■ HOW TO COMPLETE THIS TASK
Would you repeat exactly the part of the listing below that runs from the line containing "-- ===== src/Domain.antt" down to the line containing "pub idempotency_key : Text", inclusive, and nothing else?

■ RECORDED DATA
┌──
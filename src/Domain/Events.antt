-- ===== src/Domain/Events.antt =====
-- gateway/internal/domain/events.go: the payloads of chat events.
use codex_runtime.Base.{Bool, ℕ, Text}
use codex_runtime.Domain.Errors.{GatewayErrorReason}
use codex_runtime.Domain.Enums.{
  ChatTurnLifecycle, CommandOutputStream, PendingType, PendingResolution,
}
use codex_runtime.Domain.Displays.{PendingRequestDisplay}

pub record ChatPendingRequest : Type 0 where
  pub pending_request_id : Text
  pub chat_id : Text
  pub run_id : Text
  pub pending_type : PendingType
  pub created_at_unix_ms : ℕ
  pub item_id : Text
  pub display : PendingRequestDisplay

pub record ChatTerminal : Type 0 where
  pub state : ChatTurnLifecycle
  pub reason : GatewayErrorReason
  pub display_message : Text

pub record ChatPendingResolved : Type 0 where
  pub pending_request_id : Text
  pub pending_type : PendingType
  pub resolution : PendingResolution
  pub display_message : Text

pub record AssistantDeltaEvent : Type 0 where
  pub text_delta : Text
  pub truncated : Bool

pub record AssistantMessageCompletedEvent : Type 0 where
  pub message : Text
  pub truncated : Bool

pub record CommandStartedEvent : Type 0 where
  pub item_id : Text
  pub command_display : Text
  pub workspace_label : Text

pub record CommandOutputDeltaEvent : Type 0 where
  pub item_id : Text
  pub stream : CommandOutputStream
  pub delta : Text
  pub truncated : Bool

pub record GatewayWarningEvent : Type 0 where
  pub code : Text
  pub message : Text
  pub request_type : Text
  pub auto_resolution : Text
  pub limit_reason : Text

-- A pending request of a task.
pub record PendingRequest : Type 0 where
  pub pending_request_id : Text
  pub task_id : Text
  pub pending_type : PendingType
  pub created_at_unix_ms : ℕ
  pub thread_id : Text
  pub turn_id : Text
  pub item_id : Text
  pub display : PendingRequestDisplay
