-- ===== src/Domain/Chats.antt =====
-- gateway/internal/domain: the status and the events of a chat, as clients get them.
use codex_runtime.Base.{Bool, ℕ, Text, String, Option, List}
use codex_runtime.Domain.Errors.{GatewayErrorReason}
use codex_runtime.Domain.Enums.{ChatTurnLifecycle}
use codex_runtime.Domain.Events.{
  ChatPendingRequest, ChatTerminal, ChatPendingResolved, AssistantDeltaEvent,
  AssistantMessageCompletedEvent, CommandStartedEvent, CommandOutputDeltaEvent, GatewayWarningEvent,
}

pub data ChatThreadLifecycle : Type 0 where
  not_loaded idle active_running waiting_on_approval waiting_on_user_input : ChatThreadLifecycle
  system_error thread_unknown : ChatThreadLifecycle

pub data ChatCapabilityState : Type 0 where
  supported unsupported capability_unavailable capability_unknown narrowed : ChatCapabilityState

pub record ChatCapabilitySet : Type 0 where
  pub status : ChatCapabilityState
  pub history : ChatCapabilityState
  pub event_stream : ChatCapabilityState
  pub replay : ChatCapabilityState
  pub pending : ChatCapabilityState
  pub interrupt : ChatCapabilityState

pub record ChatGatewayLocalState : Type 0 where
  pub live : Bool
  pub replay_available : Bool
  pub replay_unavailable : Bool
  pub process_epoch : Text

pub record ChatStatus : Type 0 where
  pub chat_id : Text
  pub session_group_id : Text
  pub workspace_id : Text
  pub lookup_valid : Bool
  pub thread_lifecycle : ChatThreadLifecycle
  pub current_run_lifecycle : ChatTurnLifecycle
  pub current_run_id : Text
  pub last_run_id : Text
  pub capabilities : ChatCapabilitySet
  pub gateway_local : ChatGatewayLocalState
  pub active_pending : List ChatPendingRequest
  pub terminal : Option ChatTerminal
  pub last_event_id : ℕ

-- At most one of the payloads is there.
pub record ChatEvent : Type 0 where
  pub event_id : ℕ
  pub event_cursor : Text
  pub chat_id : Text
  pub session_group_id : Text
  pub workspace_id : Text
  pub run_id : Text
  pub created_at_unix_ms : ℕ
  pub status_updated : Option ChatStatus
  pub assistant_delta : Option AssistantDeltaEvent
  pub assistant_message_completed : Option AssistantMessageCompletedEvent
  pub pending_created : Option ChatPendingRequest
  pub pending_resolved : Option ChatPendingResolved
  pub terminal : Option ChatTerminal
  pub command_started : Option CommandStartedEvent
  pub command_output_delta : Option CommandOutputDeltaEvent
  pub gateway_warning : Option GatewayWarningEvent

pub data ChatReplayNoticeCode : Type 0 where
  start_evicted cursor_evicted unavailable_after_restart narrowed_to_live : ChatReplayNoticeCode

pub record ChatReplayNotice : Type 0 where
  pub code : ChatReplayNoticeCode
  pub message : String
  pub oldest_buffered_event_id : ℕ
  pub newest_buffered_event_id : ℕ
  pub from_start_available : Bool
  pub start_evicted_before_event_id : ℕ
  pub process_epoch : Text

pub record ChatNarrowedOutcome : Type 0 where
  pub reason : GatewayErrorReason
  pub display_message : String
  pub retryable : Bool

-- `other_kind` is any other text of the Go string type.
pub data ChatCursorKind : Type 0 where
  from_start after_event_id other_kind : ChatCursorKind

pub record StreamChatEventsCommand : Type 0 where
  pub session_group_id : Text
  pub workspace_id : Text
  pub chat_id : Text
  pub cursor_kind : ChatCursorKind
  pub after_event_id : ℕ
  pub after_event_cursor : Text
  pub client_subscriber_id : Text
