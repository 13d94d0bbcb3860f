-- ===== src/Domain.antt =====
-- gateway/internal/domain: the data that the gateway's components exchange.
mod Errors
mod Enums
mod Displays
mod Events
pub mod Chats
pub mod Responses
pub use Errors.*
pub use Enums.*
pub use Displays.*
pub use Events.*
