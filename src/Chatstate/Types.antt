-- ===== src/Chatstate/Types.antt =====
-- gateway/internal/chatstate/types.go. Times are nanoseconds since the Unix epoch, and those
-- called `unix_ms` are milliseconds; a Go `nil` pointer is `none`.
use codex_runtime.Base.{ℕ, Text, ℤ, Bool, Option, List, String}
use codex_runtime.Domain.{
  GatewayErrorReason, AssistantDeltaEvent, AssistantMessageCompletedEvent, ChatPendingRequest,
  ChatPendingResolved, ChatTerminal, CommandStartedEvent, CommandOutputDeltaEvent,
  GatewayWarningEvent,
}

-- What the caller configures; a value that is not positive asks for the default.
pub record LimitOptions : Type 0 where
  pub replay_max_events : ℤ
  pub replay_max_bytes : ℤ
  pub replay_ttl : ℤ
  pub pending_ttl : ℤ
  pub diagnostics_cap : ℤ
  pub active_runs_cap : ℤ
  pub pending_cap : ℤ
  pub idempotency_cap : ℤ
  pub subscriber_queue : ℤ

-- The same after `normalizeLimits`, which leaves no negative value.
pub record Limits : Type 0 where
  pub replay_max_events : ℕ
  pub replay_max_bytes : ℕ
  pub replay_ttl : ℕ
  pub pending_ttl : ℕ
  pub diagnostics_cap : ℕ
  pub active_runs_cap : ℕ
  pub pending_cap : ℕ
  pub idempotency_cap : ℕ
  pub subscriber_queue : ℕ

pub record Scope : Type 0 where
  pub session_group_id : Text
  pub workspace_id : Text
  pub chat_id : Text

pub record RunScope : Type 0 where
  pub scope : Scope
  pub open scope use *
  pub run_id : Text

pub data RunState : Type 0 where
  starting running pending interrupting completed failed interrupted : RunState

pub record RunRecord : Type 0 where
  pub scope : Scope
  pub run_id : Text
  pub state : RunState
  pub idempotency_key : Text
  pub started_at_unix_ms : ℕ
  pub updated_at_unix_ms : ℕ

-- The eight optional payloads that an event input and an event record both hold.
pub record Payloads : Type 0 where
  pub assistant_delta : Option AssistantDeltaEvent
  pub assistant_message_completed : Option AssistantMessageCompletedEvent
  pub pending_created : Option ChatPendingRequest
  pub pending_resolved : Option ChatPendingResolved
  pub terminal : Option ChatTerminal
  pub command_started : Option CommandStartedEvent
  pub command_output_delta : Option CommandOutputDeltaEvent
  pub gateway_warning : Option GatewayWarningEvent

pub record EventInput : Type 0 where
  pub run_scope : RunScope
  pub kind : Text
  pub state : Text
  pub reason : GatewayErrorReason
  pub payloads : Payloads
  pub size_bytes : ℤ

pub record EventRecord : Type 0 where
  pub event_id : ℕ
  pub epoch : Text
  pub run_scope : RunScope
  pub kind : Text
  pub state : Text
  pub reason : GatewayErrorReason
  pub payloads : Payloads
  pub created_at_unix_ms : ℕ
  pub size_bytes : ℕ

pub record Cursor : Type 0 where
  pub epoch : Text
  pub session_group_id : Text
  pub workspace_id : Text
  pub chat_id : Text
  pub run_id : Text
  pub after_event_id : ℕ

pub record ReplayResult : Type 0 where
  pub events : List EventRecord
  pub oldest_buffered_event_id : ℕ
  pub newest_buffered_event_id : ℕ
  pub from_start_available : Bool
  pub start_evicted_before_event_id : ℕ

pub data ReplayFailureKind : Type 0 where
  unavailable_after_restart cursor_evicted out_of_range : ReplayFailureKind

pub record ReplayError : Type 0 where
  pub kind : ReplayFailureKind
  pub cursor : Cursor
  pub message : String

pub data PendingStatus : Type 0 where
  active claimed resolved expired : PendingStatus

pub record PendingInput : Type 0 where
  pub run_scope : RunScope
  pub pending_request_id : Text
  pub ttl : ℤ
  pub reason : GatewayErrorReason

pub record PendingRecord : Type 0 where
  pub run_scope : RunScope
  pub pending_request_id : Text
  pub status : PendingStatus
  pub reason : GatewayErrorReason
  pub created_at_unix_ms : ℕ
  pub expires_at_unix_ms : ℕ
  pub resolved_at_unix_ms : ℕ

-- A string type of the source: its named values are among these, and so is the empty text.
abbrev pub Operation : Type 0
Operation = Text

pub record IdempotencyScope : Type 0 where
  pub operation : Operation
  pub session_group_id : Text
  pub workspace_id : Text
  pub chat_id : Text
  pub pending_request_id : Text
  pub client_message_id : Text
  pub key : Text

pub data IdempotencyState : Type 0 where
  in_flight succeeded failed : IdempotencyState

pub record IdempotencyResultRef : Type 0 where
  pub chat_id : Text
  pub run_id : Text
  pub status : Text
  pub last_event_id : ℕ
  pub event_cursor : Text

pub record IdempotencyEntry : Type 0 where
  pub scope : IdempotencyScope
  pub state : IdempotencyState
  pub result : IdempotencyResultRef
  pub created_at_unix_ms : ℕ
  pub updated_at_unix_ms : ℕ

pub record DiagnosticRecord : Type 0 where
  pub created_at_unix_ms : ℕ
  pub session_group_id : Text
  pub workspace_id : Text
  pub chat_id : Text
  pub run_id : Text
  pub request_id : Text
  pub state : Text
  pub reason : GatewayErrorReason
└──
■ YOUR RESPONSE
-- ===== src/Domain.antt =====
-- gateway/internal/domain: the data that the gateway's components exchange.
mod Errors
mod Enums
mod Displays
mod Events
pub mod Chats
pub mod Responses
pub use Errors.*
pub use Enums.*
pub use Displays.*
pub use Events.*
filename src/Chatstate/Types.antt
-- ===== src/Chatstate/Types.antt =====
-- gateway/internal/chatstate/types.go. Times are nanoseconds since the Unix epoch, and those
-- called `unix_ms` are milliseconds; a Go `nil` pointer is `none`.
use codex_runtime.Base.{ℕ, Text, ℤ, Bool, Option, List, String}
use codex_runtime.Domain.{
  GatewayErrorReason, AssistantDeltaEvent, AssistantMessageCompletedEvent, ChatPendingRequest,
  ChatPendingResolved, ChatTerminal, CommandStartedEvent, CommandOutputDeltaEvent,
  GatewayWarningEvent,
}

-- What the caller configures; a value that is not positive asks for the default.
pub record LimitOptions : Type 0 where
  pub replay_max_events : ℤ
  pub replay_max_bytes : ℤ
  pub replay_ttl : ℤ
  pub pending_ttl : ℤ
  pub diagnostics_cap : ℤ
  pub active_runs_cap : ℤ
  pub pending_cap : ℤ
  pub idempotency_cap : ℤ
  pub subscriber_queue : ℤ

-- The same after `normalizeLimits`, which leaves no negative value.
pub record Limits : Type 0 where
  pub replay_max_events : ℕ
  pub replay_max_bytes : ℕ
  pub replay_ttl : ℕ
  pub pending_ttl : ℕ
  pub diagnostics_cap : ℕ
  pub active_runs_cap : ℕ
  pub pending_cap : ℕ
  pub idempotency_cap : ℕ
  pub subscriber_queue : ℕ

pub record Scope : Type 0 where
  pub session_group_id : Text
  pub workspace_id : Text
  pub chat_id : Text

pub record RunScope : Type 0 where
  pub scope : Scope
  pub open scope use *
  pub run_id : Text

pub data RunState : Type 0 where
  starting running pending interrupting completed failed interrupted : RunState

pub record RunRecord : Type 0 where
  pub scope : Scope
  pub run_id : Text
  pub state : RunState
  pub idempotency_key : Text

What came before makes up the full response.